The Danube–Bucharest Canal is a 73 km long canal project that is planned to link Bucharest, Romania to the Danube via the Argeș River, and ultimately create direct access to the Black Sea via the existing Danube–Black Sea Canal. The total capacity of the waterway will be 24 million tons/year. The minimum depth is of 4.5 metres and the ships will rise 67 metres over their voyage through six locks and 73km.

==History==
The earliest plans, made by engineer Nicolae Cucu in 1880, sought to link Bucharest to the Danube at Oltenița.

In 1927, a study by Alexandru Davidescu was published at the Polytechnic School. Two years later, the Romanian parliament passed Law no. 2749 on the building of the Argeș–Bucharest–Danube Canal and of a port in Bucharest; the law was published in Monitorul Oficial in August 1929. However, the world recession of the early 1930s prevented the government from investing large amounts of money in such projects. Various studies were published, but as World War II began, they were ignored.

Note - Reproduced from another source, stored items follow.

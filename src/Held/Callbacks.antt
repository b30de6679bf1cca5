-- ===== src/Held/Callbacks.antt =====
-- No callback takes away a held jar that it does not count on (contract/src/feature).
use sweat_jar.Base.{
  ℕ, ◌≡◌, subst, ok, ok-injective, true, false, Bool, Option, none, some, List, String, or_panic,
  account_not_found, add_u128,
}
use sweat_jar.Base.Ensures.{Ensures, returns, on_if, after, given, under}
use sweat_jar.Base.Dict.{Dict}
use sweat_jar.Jar.{Deposit, JarCompanion}
use sweat_jar.Jar
use sweat_jar.Account.{Account, get_jar, put_jar}
use sweat_jar.Account
use sweat_jar.Contract.{Contract, get_account, put_account}
use sweat_jar.Claim.{AfterClaim, unlock_claimed, after_claim}
use sweat_jar.Withdraw.{
  AfterWithdraw, AfterBulkWithdraw, after_withdraw, after_bulk_withdraw, unlock_requested,
  view_requests, clean_up_requested, clean_up, new_view, empty_bulk,
}
use sweat_jar.Restake.{
  Request, after_transfer_remainder, withdrawn_amount, unlock_partitions, fee_of_withdrawal,
}
use sweat_jar.Fees.{after_fee_withdrawn}
use sweat_jar.World.{
  Callback, resolve, after_claim_due, after_withdraw_due, after_bulk_withdraw_due,
  after_transfer_remainder_due, after_fee_withdrawn_due,
}
use sweat_jar.Held.{IsHeldIn, IsHeld, read-IsHeldAt, write-IsHeld}
use sweat_jar.Held.Slots.{
  Avoids, slots_of, owner_of, put_jar_other, unlock_claimed-IsHeldIn, apply-IsHeldIn,
  clean_up-IsHeldIn, unlock_requested-IsHeldIn, clean_up_requested-IsHeldIn,
  unlock_partitions-IsHeldIn, rollback_slots, claim_slots, request_slots,
}
use sweat_jar.Held.Restakes.{clean_up_and_deposit-IsHeld}

-- The callback is of another account, or does not count on the account's jar of the product.
abbrev pub Misses : String → String → Callback → Type 0
Misses id product_id due = owner_of due ≡ id → Avoids product_id (slots_of due)

listed_slots :
    (product_id : String) (o : Option (Dict JarCompanion)) {jars : Dict JarCompanion}
    → or_panic o account_not_found ≡ ok jars
    → Avoids product_id (rollback_slots o)
    → Avoids product_id (claim_slots jars)
listed_slots product_id none e avoids = cc
listed_slots product_id (some jars) e avoids =
    subst (λ js. Avoids product_id (claim_slots js)) (ok-injective e) avoids

module _ (id product_id : String) (front : List Deposit) where
  unlocked :
      (call : AfterBulkWithdraw) (a : Account)
      → (call.account_id ≡ id
          → Avoids product_id (request_slots call.requests) × IsHeldIn product_id front a)
      → Ensures
          (λ a'. call.account_id ≡ id → IsHeldIn product_id front a')
          (unlock_requested a call.requests)
  unlocked call a h =
      under (unlock_requested a call.requests)
        (λ same. unlock_requested-IsHeldIn product_id front call.requests a (h same).0 (h same).1)

  after_claim-IsHeld :
      (c : Contract) (call : AfterClaim) (success : Bool)
      → Misses id product_id (after_claim_due call)
      → IsHeld id product_id front c
      → Ensures (λ r. IsHeld id product_id front r.0) (after_claim c call success)
  unfolding after_claim
  after_claim-IsHeld c call true apart h = after (get_account c call.account_id) _ λ a ha.
      after (or_panic call.account_rollback.new_jars account_not_found) _ λ jars found.
        given _
          (under (unlock_claimed a jars) (λ same.
            unlock_claimed-IsHeldIn product_id front jars a
              (listed_slots product_id call.account_rollback.new_jars found (apart same))
              (read-IsHeldAt 0 id product_id front c call.account_id h ha same)))
          λ a' ha'. returns _ (write-IsHeld 0 id product_id front c call.account_id a' h ha')
  after_claim-IsHeld c call false apart h = after (get_account c call.account_id) _ λ a ha.
      given _
        (under (Account.apply a call.account_rollback) (λ same.
          apply-IsHeldIn product_id front call.account_rollback a (apart same)
            (read-IsHeldAt 0 id product_id front c call.account_id h ha same)))
        λ a' ha'. returns _ (write-IsHeld 0 id product_id front c call.account_id a' h ha')

  after_withdraw-IsHeld :
      (c : Contract) (call : AfterWithdraw) (success : Bool)
      → Misses id product_id (after_withdraw_due call)
      → IsHeld id product_id front c
      → Ensures (λ r. IsHeld id product_id front r.0) (after_withdraw c call success)
  unfolding after_withdraw
  after_withdraw-IsHeld c call success apart h =
      let r = call.request in
      after (get_account c call.account_id) _ λ a ha. after (get_jar a r.product_id) _ λ jar _.
        let a0 = put_jar a r.product_id (Jar.unlock jar) in
        let h0 : call.account_id ≡ id → IsHeldIn product_id front a0 = λ same.
          put_jar_other product_id front a r.product_id (Jar.unlock jar) (apart same).0
            (read-IsHeldAt 0 id product_id front c call.account_id h ha same) in
        on_if success _ _
          (given _
            (under (clean_up a0 r)
              (λ same. clean_up-IsHeldIn product_id front r a0 (apart same).0 (h0 same)))
            λ a'' ha''. after (add_u128 c.fee_amount r.withdrawal.fee) _ λ fees _.
              after (new_view r.product_id r.withdrawal.amount r.withdrawal.fee) _
                λ v _. returns _ (write-IsHeld 0 id product_id front c call.account_id a'' h ha''))
          (after (new_view r.product_id 0 0) _
            λ v _. returns _ (write-IsHeld 0 id product_id front c call.account_id _ h h0))

  after_bulk_withdraw-IsHeld :
      (c : Contract) (call : AfterBulkWithdraw) (success : Bool)
      → Misses id product_id (after_bulk_withdraw_due call)
      → IsHeld id product_id front c
      → Ensures (λ r. IsHeld id product_id front r.0) (after_bulk_withdraw c call success)
  unfolding after_bulk_withdraw
  after_bulk_withdraw-IsHeld c call false apart h = after (get_account c call.account_id) _ λ a ha.
      given _
        (unlocked call a
          (λ same. (apart same, read-IsHeldAt 0 id product_id front c call.account_id h ha same)))
        λ a' ha'. returns _ (write-IsHeld 0 id product_id front c call.account_id a' h ha')
  after_bulk_withdraw-IsHeld c call true apart h = after (get_account c call.account_id) _ λ a ha.
      given _
        (unlocked call a
          (λ same. (apart same, read-IsHeldAt 0 id product_id front c call.account_id h ha same)))
        λ a' ha'. after (view_requests empty_bulk call.requests) _ λ v _.
          given _
            (under (clean_up_requested a' c.fee_amount call.requests) (λ same.
              clean_up_requested-IsHeldIn product_id front call.requests a' c.fee_amount
                (apart same) (ha' same)))
            λ r hr. returns _ (write-IsHeld 0 id product_id front c call.account_id r.0 h hr)

  after_transfer_remainder-IsHeld :
      (c : Contract) (r : Request) (now : ℕ) (success : Bool)
      → Misses id product_id (after_transfer_remainder_due r)
      → IsHeld id product_id front c
      → Ensures (IsHeld id product_id front) (after_transfer_remainder c r now success)
  unfolding after_transfer_remainder
  after_transfer_remainder-IsHeld c r now success apart h =
      after (withdrawn_amount r.withdrawal) _ λ _ _. after (get_account c r.account_id) _ λ a ha.
        given _
          (under (unlock_partitions a r.partitions) (λ same.
            unlock_partitions-IsHeldIn product_id front r.partitions a (apart same)
              (read-IsHeldAt 0 id product_id front c r.account_id h ha same)))
          λ a' ha'.
            let h' = write-IsHeld 0 id product_id front c r.account_id a' h ha' in
            on_if success _ _
              (after
                (add_u128 (put_account c r.account_id a').fee_amount
                  (fee_of_withdrawal r.withdrawal))
                _ λ fees _. clean_up_and_deposit-IsHeld id product_id front _ r now apart h')
              (returns _ h')

  after_fee_withdrawn-IsHeld :
      (c : Contract) (amount : ℕ) (success : Bool)
      → IsHeld id product_id front c
      → Ensures (λ r. IsHeld id product_id front r.0) (after_fee_withdrawn c amount success)
  unfolding after_fee_withdrawn
  after_fee_withdrawn-IsHeld c amount true h = returns _ h
  after_fee_withdrawn-IsHeld c amount false h =
      after (add_u128 c.fee_amount amount) _ λ fees _. returns _ h

  pub resolve-IsHeld :
      (c : Contract) (now : ℕ) (due : Callback) (success : Bool)
      → Misses id product_id due
      → IsHeld id product_id front c
      → Ensures (IsHeld id product_id front) (resolve c now due success)
  unfolding resolve
  resolve-IsHeld c now (after_claim_due call) success apart h =
      given _ (after_claim-IsHeld c call success apart h) λ r hr. returns _ hr
  resolve-IsHeld c now (after_withdraw_due call) success apart h =
      given _ (after_withdraw-IsHeld c call success apart h) λ r hr. returns _ hr
  resolve-IsHeld c now (after_bulk_withdraw_due call) success apart h =
      given _ (after_bulk_withdraw-IsHeld c call success apart h) λ r hr. returns _ hr
  resolve-IsHeld c now (after_transfer_remainder_due r) success apart h =
      after_transfer_remainder-IsHeld c r now success apart h
  resolve-IsHeld c now (after_fee_withdrawn_due amount) success apart h =
      given _ (after_fee_withdrawn-IsHeld c amount success h) λ r hr. returns _ hr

New plans were made in 1982, the main goal being the regularization of the Argeș River, which flooded in 1970. Communist leader Nicolae Ceaușescu also wanted to have a direct link to Northern Europe, as Rhine-Main-Danube Canal was also built then. The building of the canal began in 1986, the project was supposed to have five locks and four hydroelectric plants (the only one that is currently working is the one at Mihăilești). The final project was supposed to generate 62 GWh/year.

In February 1990, the building of the canal was stopped, although it was 60% completed. Currently, just the dam at Mihăilești and the micro-hydro plant are functional.

In 1997, Traian Băsescu, who was Minister of Transport at the time, announced that the finalizing of the canal would require about US$ 400 million and take four years, but the financing was not found at the time.

In 2005, Adriean Videanu, the mayor of Bucharest announced that he intends to finish the work.

As of 2013, a joint Romanian-EU project planned to complete the canal from 2014 to 2020 using national and Cohesion funds as part of the EU strategy for the Danube Region.

In May 2024 the request for issuing the Environmental Agreement was submitted to the Ministry of the Environment.